TASK INPUT ->

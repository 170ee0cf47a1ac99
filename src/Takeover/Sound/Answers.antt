-- ===== src/Takeover/Sound/Answers.antt =====
-- How each request ends: the world is sound, and the record as it was or moved as it may.
use opensurge_fnos.Base.{
  Bool, List, arith, false, inl, inr, none, refl, some, subst, sym, true, ◌&&◌, ◌||◌, ◌∷◌, ◌≡◌, ◌⊎◌,
}
use opensurge_fnos.Exec.{Result, err, ok}
use opensurge_fnos.Exec.Rules.{After}
use opensurge_fnos.Takeover.Actions.{handle_gateway_action}
use opensurge_fnos.Takeover.Begin.{
  handle_apply_static, handle_dhcp_probe, handle_recovery, handle_recovery_discard,
  handle_recovery_prepare,
}
use opensurge_fnos.Takeover.End.{
  handle_abandon_takeover, handle_client_validated, handle_client_validation_skip,
  handle_keep_static_finish, handle_manual_recovery_finish, handle_restore_dhcp,
  handle_router_restored,
}
use opensurge_fnos.Takeover.Sound.{
  IsSound, all_warranted, is_warranted, router_answers, router_was_silent, stage_warranted,
}
use opensurge_fnos.Takeover.Sound.Actions.{handle_gateway_action-Kept}
use opensurge_fnos.Takeover.Sound.Begin.{
  handle_apply_static-Moves, handle_dhcp_probe-Moves, handle_recovery-Moves,
  handle_recovery_discard-Moves, handle_recovery_prepare-Moves,
}
use opensurge_fnos.Takeover.Sound.End.{
  fact_of, handle_abandon_takeover-Moves, handle_client_validated-Moves,
  handle_client_validation_skip-Moves, handle_keep_static_finish-Moves,
  handle_manual_recovery_finish-Moves, handle_restore_dhcp-Moves, handle_router_restored-Moves,
}
use opensurge_fnos.Takeover.Sound.Moves.{may_move}
use opensurge_fnos.Takeover.Sound.Operations.{pending_warranted_kept}
use opensurge_fnos.Takeover.Sound.Rules.{At, Moved, Refused, nothing, says}
use opensurge_fnos.Takeover.Sound.Saves.{is_before}
use opensurge_fnos.Takeover.Stage.{Stage, is_stage}
use opensurge_fnos.Takeover.Steps.{respond}
use opensurge_fnos.Takeover.Store.{recovery}
use opensurge_fnos.Takeover.Types.{Operation, RecoveryState}
use opensurge_fnos.Takeover.World.{
  Event, File, Outside, Refusal, Request, World, abandon_takeover, accept_client, apply_static,
  discard_recovery, finish_manually, finish_static, prepare_recovery, probe_dhcp, received,
  restore_dhcp, run_action, skip_validation, update_notes, verify_router_restored,
}

-- The requests whose second write may fail.
unfoldable pub may_leave : Request → Bool
may_leave (prepare_recovery body) = true
may_leave discard_recovery = true
may_leave _ = false

-- What an answer leaves of a world: the record as it is, or moved as the request may, or where the
-- second write has failed, before a takeover.
unfoldable pub is_outcome : Request → Stage → Stage → Bool
unfolding may_move may_leave is_stage
is_outcome r from to = may_move r from to || (may_leave r && is_before to)

-- How a request ends.
pub record Ends (r : Request) (f : File) (w : World) : Type 0 where
  pub sound : IsSound w
  pub outcome : (w.file ≡ f) ⊎ (is_outcome r (recovery f).stage (recovery w.file).stage ≡ true)

end_of :
    (r : Request) (f : File) (x : Result Refusal RecoveryState) (w : World)
    → After (Moved (may_move r) f) (Refused (may_leave r) f) x w
    → Ends r f w
unfolding is_outcome
end_of r f (ok s) w m = record {
  sound = m.sound;
  outcome = inr (
      subst (λ t. may_move r (recovery f).stage t || (may_leave r && is_before t) ≡ true)
        (sym m.saved) (ground (arith, m.move)));
}
end_of r f (err e) w (inl k) = record { sound = k.sound; outcome = inl k.same_file }
end_of r f (err e) w (inr k) = record {
  sound = k.sound;
  outcome = inr (ground (arith, k.may_be_left, k.stage_left));
}

end_of_action :
    (r : Request) (f : File) (x : Result Refusal Operation) (w : World)
    → After (λ op. At f nothing) (Refused false f) x w
    → Ends r f w
end_of_action r f (ok op) w k = record { sound = k.sound; outcome = inl k.same_file }
end_of_action r f (err e) w (inl k) = record { sound = k.sound; outcome = inl k.same_file }
end_of_action r f (err e) w (inr k) = absurd (ground (arith, k.may_be_left))

pub answered :
    (r : Request) (o : Outside) (f : File) (w : World)
    → At f (fact_of r) w
    → Ends r f (respond r o w)
unfolding respond fact_of may_leave
answered (update_notes body) o f w p =
    end_of (update_notes body) f (handle_recovery o body w).0 (handle_recovery o body w).1
      ((handle_recovery-Moves o body).at w p)
answered (prepare_recovery body) o f w p =
    end_of (prepare_recovery body) f (handle_recovery_prepare o body w).0
      (handle_recovery_prepare o body w).1 ((handle_recovery_prepare-Moves o body).at w p)
answered discard_recovery o f w p =
    end_of discard_recovery f (handle_recovery_discard o w).0 (handle_recovery_discard o w).1
      ((handle_recovery_discard-Moves o).at w p)
answered abandon_takeover o f w p =
    end_of abandon_takeover f (handle_abandon_takeover o w).0 (handle_abandon_takeover o w).1
      ((handle_abandon_takeover-Moves o).at w p)
answered apply_static o f w p =
    end_of apply_static f (handle_apply_static o w).0 (handle_apply_static o w).1
      ((handle_apply_static-Moves o).at w p)
answered restore_dhcp o f w p =
    end_of restore_dhcp f (handle_restore_dhcp o w).0 (handle_restore_dhcp o w).1
      ((handle_restore_dhcp-Moves o).at w p)
answered (probe_dhcp id) o f w p =
    end_of (probe_dhcp id) f (handle_dhcp_probe o id w).0 (handle_dhcp_probe o id w).1
      ((handle_dhcp_probe-Moves o id).at w p)
answered (verify_router_restored id) o f w p =
    end_of (verify_router_restored id) f (handle_router_restored o id w).0
      (handle_router_restored o id w).1 ((handle_router_restored-Moves o id).at w p)
answered (accept_client body) o f w p =
    end_of (accept_client body) f (handle_client_validated o body w).0
      (handle_client_validated o body w).1 ((handle_client_validated-Moves o body).at w p)
answered (skip_validation body) o f w p =
    end_of (skip_validation body) f (handle_client_validation_skip o body w).0
      (handle_client_validation_skip o body w).1
      ((handle_client_validation_skip-Moves o body).at w p)
answered (finish_manually body) o f w p =
    end_of (finish_manually body) f (handle_manual_recovery_finish o body w).0
      (handle_manual_recovery_finish o body w).1
      ((handle_manual_recovery_finish-Moves o body).at w p)
answered (finish_static body) o f w p =
    end_of (finish_static body) f (handle_keep_static_finish o body w).0
      (handle_keep_static_finish o body w).1 ((handle_keep_static_finish-Moves o body).at w p)
answered (run_action a id) o f w p =
    end_of_action (run_action a id) f (handle_gateway_action o a id w).0
      (handle_gateway_action o a id w).1 ((handle_gateway_action-Kept o a id).at w p)

answers_kept :
    (r : Request) (j : List Event)
    → router_answers j ≡ true
    → router_answers (received r ∷ j) ≡ true
unfolding router_answers
answers_kept (finish_manually (some true)) j h = refl
answers_kept (finish_manually (some false)) j h = h
answers_kept (finish_manually none) j h = h
answers_kept (update_notes body) j h = h
answers_kept (prepare_recovery body) j h = h
answers_kept discard_recovery j h = h
answers_kept abandon_takeover j h = h
answers_kept apply_static j h = h
answers_kept restore_dhcp j h = h
answers_kept (probe_dhcp id) j h = h
answers_kept (verify_router_restored id) j h = h
answers_kept (accept_client body) j h = h
answers_kept (skip_validation body) j h = h
answers_kept (finish_static body) j h = h
answers_kept (run_action a id) j h = h

-- What the request says of the router is in the journal.
fact_entered : (r : Request) (j : List Event) → says (fact_of r) (received r ∷ j) ≡ true
unfolding fact_of says router_answers
fact_entered (finish_manually (some true)) j = refl
fact_entered (finish_manually (some false)) j = refl
fact_entered (finish_manually none) j = refl
fact_entered (update_notes body) j = refl
fact_entered (prepare_recovery body) j = refl
fact_entered discard_recovery j = refl
fact_entered abandon_takeover j = refl
fact_entered apply_static j = refl
fact_entered restore_dhcp j = refl
fact_entered (probe_dhcp id) j = refl
fact_entered (verify_router_restored id) j = refl
fact_entered (accept_client body) j = refl
fact_entered (skip_validation body) j = refl
fact_entered (finish_static body) j = refl
fact_entered (run_action a id) j = refl

-- The journal's entry of a request.
pub entered :
    (r : Request) (w : World)
    → IsSound w
    → At w.file (fact_of r) (record w { journal = received r ∷ w.journal })
unfolding all_warranted is_warranted stage_warranted router_was_silent
entered r w h = record {
  sound = record {
    readable_file = h.readable_file;
    agreement = h.agreement;
    calls = h.calls;
    stage_said = ground (arith, h.stage_said, answers_kept r w.journal);
    operation_said = pending_warranted_kept w.pending (received r) w.journal h.operation_said;
  };
  same_file = refl;
  known = fact_entered r w.journal;
}
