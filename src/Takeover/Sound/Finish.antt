-- ===== src/Takeover/Sound/Finish.antt =====
-- The end of a lifecycle operation, and its reports before, keep a world sound.
use opensurge_fnos.Base.{
  Bool, List, Option, arith, false, if◌then◌else◌, inl, inr, none, refl, some, subst, true, ℕ, ◌∙◌,
  ◌≡◌, ◌⊎◌,
}
use opensurge_fnos.Exec.{Result, err, ok, pure, when◌run◌otherwise◌, ◌>>=◌}
use opensurge_fnos.Exec.Rules.{After, Ensures, Ensures-bind, Ensures-gets, Ensures-when}
use opensurge_fnos.Takeover.Begin.{same_wifi_dhcp}
use opensurge_fnos.Takeover.Finish.{
  failed_recovery, finish_run, observe_operation, progressed, recovery_after, reload_failed_record,
  reload_is_undone, save_after, start_failed_record, start_is_undone, started_record,
  stopped_record, succeeded_recovery,
}
use opensurge_fnos.Takeover.Sound.{
  IsSound, agrees, may_open, pending_warranted, router_was_silent, stage_warranted,
}
use opensurge_fnos.Takeover.Sound.Moves.{at_constant}
use opensurge_fnos.Takeover.Sound.Rules.{IsSound-same}
use opensurge_fnos.Takeover.Stage.{
  is_open, is_takeover_active, recovery_router_dhcp_disabled_confirmed,
}
use opensurge_fnos.Takeover.Store.{
  load_recovery, put_recovery, readable, recovery, save_operation, stamped, try_save,
}
use opensurge_fnos.Takeover.Types.{Operation, RecoveryState, append_recovery_note, finished}
use opensurge_fnos.Takeover.World.{
  Action, Event, M, Outside, Pending, Refusal, World, reload_gateway, restart_mihomo, start_gateway,
  stop_gateway,
}
use opensurge_fnos.Text.{Text, text_eq}

-- The world while the operation runs.
record Running (p : Pending) (w : World) : Type 0 where
  sound : IsSound w
  is_pending : w.pending ≡ some p

try_save-Running :
    {p : Pending} (saves : Bool) (now : ℕ) (s : RecoveryState)
    → ((w : World) → Running p w → agrees s ≡ true)
    → ((w : World) → Running p w → stage_warranted s.stage w.journal ≡ true)
    → Ensures (Running p) (try_save saves now s) (λ u. Running p) (λ e w. ⊥)
unfolding try_save put_recovery recovery readable stamped agrees
try_save-Running true now s a h = record {
  at = λ w r. record {
    sound = record {
      readable_file = refl;
      agreement = a w r;
      calls = r.sound.calls;
      stage_said = h w r;
      operation_said = r.sound.operation_said;
    };
    is_pending = r.is_pending;
  };
}
try_save-Running false now s a h = record {
  at = λ w r. record {
    sound = IsSound-same w (record w { file = w.file }) refl refl refl r.sound;
    is_pending = r.is_pending;
  };
}

abbrev Keeps : Pending → M (Unit {0}) → Type 0
Keeps p m = Ensures (Running p) m (λ u. Running p) (λ e w. ⊥)

said : (p : Pending) (w : World) → Running p w → pending_warranted (some p) w.journal ≡ true
said p w r = subst (λ x. pending_warranted x w.journal ≡ true) r.is_pending r.sound.operation_said

-- A start or a reload of a takeover has been launched after a silent probe.
silence :
    (p : Pending) (w : World) (a : Action)
    → Running p w
    → p.action ≡ a
    → (a ≡ start_gateway) ⊎ (a ≡ reload_gateway)
    → text_eq p.topology same_wifi_dhcp ≡ true
    → router_was_silent w.journal ≡ true
unfolding pending_warranted may_open
silence p w a r e (inl x) t =
    let k : may_open p.action w.journal ≡ true = ground (arith, said p w r, t) in
    subst (λ y. may_open y w.journal ≡ true) (e ∙ x) k
silence p w a r e (inr x) t =
    let k : may_open p.action w.journal ≡ true = ground (arith, said p w r, t) in
    subst (λ y. may_open y w.journal ≡ true) (e ∙ x) k

when_Keeps :
    (p : Pending) (b : Bool) (m : M (Unit {0}))
    → (b ≡ true → Keeps p m)
    → Keeps p (when b run m otherwise pure tt)
when_Keeps p b m h = Ensures-when b m (pure tt) h (λ e. record { at = λ w r. r })

confirmed_warranted :
    (j : List Event)
    → router_was_silent j ≡ true
    → stage_warranted recovery_router_dhcp_disabled_confirmed j ≡ true
unfolding stage_warranted is_takeover_active
confirmed_warranted j h = h

failed_recovery-Keeps :
    (o : Outside) (p : Pending) (e : Text) (a : Action)
    → p.action ≡ a
    → Keeps p (failed_recovery o p e a)
unfolding failed_recovery start_is_undone reload_is_undone start_failed_record reload_failed_record
    append_recovery_note agrees
failed_recovery-Keeps o p e start_gateway a =
    when_Keeps p (start_is_undone o p) (try_save o.saves_recovery o.now (start_failed_record p e))
      λ h.
        try_save-Running o.saves_recovery o.now (start_failed_record p e)
          (λ w r.
            at_constant (λ s. (if is_open s then true else false) ≡ true)
              recovery_router_dhcp_disabled_confirmed p.before.stage (ground arith)
              (ground (arith, h)) refl)
          λ w r.
            at_constant (λ s. stage_warranted s w.journal ≡ true)
              recovery_router_dhcp_disabled_confirmed p.before.stage (ground arith)
              (ground (arith, h))
              (confirmed_warranted w.journal
                (silence p w start_gateway r a (inl refl) (ground (arith, h))))
failed_recovery-Keeps o p e stop_gateway a = record { at = λ w r. r }
failed_recovery-Keeps o p e reload_gateway a =
    when_Keeps p (reload_is_undone o p e) (try_save o.saves_recovery o.now (reload_failed_record p))
      λ h.
        try_save-Running o.saves_recovery o.now (reload_failed_record p) (λ w r. refl)
          λ w r.
            confirmed_warranted w.journal
              (silence p w reload_gateway r a (inr refl) (ground (arith, h)))
failed_recovery-Keeps o p e restart_mihomo a = record { at = λ w r. r }

save_after-Keeps :
    (o : Outside) (p : Pending) (a : Action) (s : RecoveryState)
    → p.action ≡ a
    → text_eq p.topology same_wifi_dhcp ≡ true
    → Keeps p (save_after o a p.topology s)
unfolding save_after started_record stopped_record agrees stage_warranted is_takeover_active
save_after-Keeps o p start_gateway s h t =
    try_save-Running o.saves_recovery o.now (started_record p.topology s) (λ w r. refl)
      (λ w r. silence p w start_gateway r h (inl refl) t)
save_after-Keeps o p stop_gateway s h t =
    try_save-Running o.saves_recovery o.now (stopped_record p.topology s) (λ w r. refl)
      (λ w r. refl)
save_after-Keeps o p reload_gateway s h t = record { at = λ w r. r }
save_after-Keeps o p restart_mihomo s h t = record { at = λ w r. r }

recovery_after-Keeps :
    (o : Outside) (p : Pending) (result : Option Text) → Keeps p (recovery_after o p result)
unfolding recovery_after succeeded_recovery load_recovery
recovery_after-Keeps o p (some e) = failed_recovery-Keeps o p e p.action refl
recovery_after-Keeps o p none = when_Keeps p _ _ λ h.
    Ensures-bind (Ensures-gets (λ s. Running p) (λ w. recovery w.file) (λ w r. r))
      λ s. save_after-Keeps o p p.action s refl h

IsSound-After :
    (r : Result Refusal (Unit {0})) (w : World) → After (λ u. IsSound) (λ e w. ⊥) r w → IsSound w
IsSound-After (ok u) w h = h
IsSound-After (err e) w h = absurd h

save_operation-Keeps : (o : Outside) (p : Pending) (op : Operation) → Keeps p (save_operation o op)
unfolding save_operation
save_operation-Keeps o p op = record {
  at = λ w r. record {
    sound = IsSound-same w (save_operation o op w).1 refl refl refl r.sound;
    is_pending = r.is_pending;
  };
}

pub finish_run-IsSound :
    (o : Outside) (p : Pending) (result : Option Text) (w : World)
    → IsSound w
    → w.pending ≡ some p
    → IsSound (finish_run o p result w).1
unfolding finish_run pending_warranted
finish_run-IsSound o p result w h e =
    IsSound-After (finish_run o p result w).0 (finish_run o p result w).1 (
      (Ensures-bind (recovery_after-Keeps o p result) λ u.
          Ensures-bind (save_operation-Keeps o p (finished o.now result p.operation)) λ u'. record {
            at = λ v r. record {
              readable_file = r.sound.readable_file;
              agreement = r.sound.agreement;
              calls = r.sound.calls;
              stage_said = r.sound.stage_said;
              operation_said = refl;
            };
          }).at
        w (record { sound = h; is_pending = e }))

with_operation :
    (p : Pending) (op : Operation) (ops : List Operation) (w : World)
    → Running p w
    → IsSound (record w { pending = some (record p { operation = op }); operations = ops })
unfolding pending_warranted
with_operation p op ops w r = record {
  readable_file = r.sound.readable_file;
  agreement = r.sound.agreement;
  calls = r.sound.calls;
  stage_said = r.sound.stage_said;
  operation_said = said p w r;
}

pub observe_operation-IsSound :
    (o : Outside) (phase notice : Text) (p : Pending) (w : World)
    → IsSound w
    → w.pending ≡ some p
    → IsSound (observe_operation o phase notice p w).1
unfolding observe_operation ◌>>=◌ save_operation pending_warranted
observe_operation-IsSound o phase notice p w h e =
    let (op, changed) = progressed o.now phase notice p.operation in
    IsSound-After (observe_operation o phase notice p w).0 (observe_operation o phase notice p w).1
      ((Ensures-when {P = Running p} changed _ (pure tt)
          (λ c. record { at = λ v r. with_operation p op _ v r })
          λ c. record { at = λ v r. r.sound }).at
        w (record { sound = h; is_pending = e }))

WHAT THE TASK REQUIRES -> The output should be exactly the lines above from the line containing "fact_entered (accept_client body) j = refl" to the line containing "stage_said = ground", inclusive, with no other lines.

ANSWER BELOW ->
fact_entered (accept_client body) j = refl
fact_entered (skip_validation body) j = refl
fact_entered (finish_static body) j = refl
fact_entered (run_action a id) j = refl

-- The journal's entry of a request.
pub entered :
    (r : Request) (w : World)
    → IsSound w
    → At w.file (fact_of r) (record w { journal = received r ∷ w.journal })
unfolding all_warranted is_warranted stage_warranted router_was_silent
entered r w h = record {
  sound = record {
    readable_file = h.readable_file;
    agreement = h.agreement;
    calls = h.calls;
    stage_said = ground (arith, h.stage_said, answers_kept r w.journal);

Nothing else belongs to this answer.